France defeated Canada 13–3. Italy then defeated Canada, 15–1, resulting in Canada's elimination.

| Rank | Country | Points | MW | ML | BW | BL | Notes |
|---|---|---|---|---|---|---|---|
| 1 | Italy | 2 | 1 | 0 | 15 | 1 | Q |
| 2 | France | 2 | 1 | 0 | 13 | 3 | Q |
| 3 | Canada | 0 | 0 | 2 | 4 | 28 |  |

====Pool 7====

In the first set of matches, the United States defeated Switzerland while Turkey defeated Yugoslavia. The second pair of matches saw the United States win again, this time over Turkey, while Switzerland defeated Yugoslavia. This resulted in the United States being guaranteed advancement while Yugoslavia was eliminated (and thus the two did not face each other). Turkey and Switzerland, each 1–1, faced each other for the final advancement spot, with Turkey winning on touches received 58–70 after the individual bouts were tied 8–8.

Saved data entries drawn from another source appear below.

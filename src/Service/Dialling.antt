-- ===== src/Service/Dialling.antt =====
-- crates/is-net/src/service.rs: the timer, and a rescan.
use inputshare.Base.{
  ℕ, Bool, true, false, not, ◌&&◌, Option, none, some, List, [], ◌∷◌, ◌++◌, ltb, leb, if◌then◌else◌,
}
use inputshare.Service.{
  BTreeMap, SocketAddr, Event, Status, PeerSlot, Actor, is_offline, fresh, map_slots,
}

unfoldable pub rescan_slot : ℕ → ℕ → PeerSlot → PeerSlot
rescan_slot now id slot =
    if is_offline slot.status then record slot { attempts = 0; next_attempt = now } else slot

unfoldable pub on_rescan : ℕ → Actor → Actor
unfolding map_slots rescan_slot
on_rescan now a = record a { peers = map_slots (rescan_slot now) a.peers }

-- The test of the dialling loop.
unfoldable pub due : ℕ → ℕ → ℕ → PeerSlot → Bool
unfolding fresh
due me now id slot =
    is_offline slot.status && ltb me id && fresh slot now && leb slot.next_attempt now

abbrev pub dial_at : Bool → ℕ → Option SocketAddr → List (ℕ × SocketAddr)
dial_at false id addr = []
dial_at true id none = []
dial_at true id (some addr) = (id, addr) ∷ []

unfoldable pub dials_due : ℕ → ℕ → BTreeMap PeerSlot → List (ℕ × SocketAddr)
unfolding due
dials_due me now [] = []
dials_due me now ((id, slot) ∷ rest) =
    dial_at (due me now id slot) id slot.addr ++ dials_due me now rest

abbrev is_some : Option SocketAddr → Bool
is_some none = false
is_some (some addr) = true

-- A slot after a tick: connecting if it is dialled, without its address if that has expired.
unfoldable pub tick_slot : ℕ → ℕ → ℕ → PeerSlot → PeerSlot
unfolding due fresh
tick_slot me now id slot =
    if due me now id slot && is_some slot.addr
    then record slot { status = Status.connecting }
    else if is_offline slot.status && not (fresh slot now)
    then record slot { addr = none }
    else slot

abbrev connecting_events : List (ℕ × SocketAddr) → List Event
connecting_events [] = []
connecting_events ((id, addr) ∷ rest) = Event.connecting id ∷ connecting_events rest

unfoldable pub on_tick : ℕ → Actor → Actor
unfolding dials_due map_slots tick_slot
on_tick now a =
    let dials = dials_due a.me now a.peers in
    record a {
      peers = map_slots (tick_slot a.me now) a.peers;
      events = a.events ++ connecting_events dials;
      dials = a.dials ++ dials;
    }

| Rank | Country | Points | MW | ML | BW | BL | Notes |
|---|---|---|---|---|---|---|---|
| 1 | United States | 4 | 2 | 0 | 26 | 6 | Q |
| 2 | Turkey | 4 | 2 | 1 | 19 | 29 | Q |
| 3 | Switzerland | 2 | 1 | 2 | 21 | 27 |  |
| 4 | Yugoslavia | 0 | 0 | 2 | 14 | 18 |  |

===Round 2===

The top two teams in each pool advanced to the semifinals.

====Pool 1====

Austria and Hungary each defeated Uruguay, so Uruguay was eliminated and Austria and Hungary did not face each other.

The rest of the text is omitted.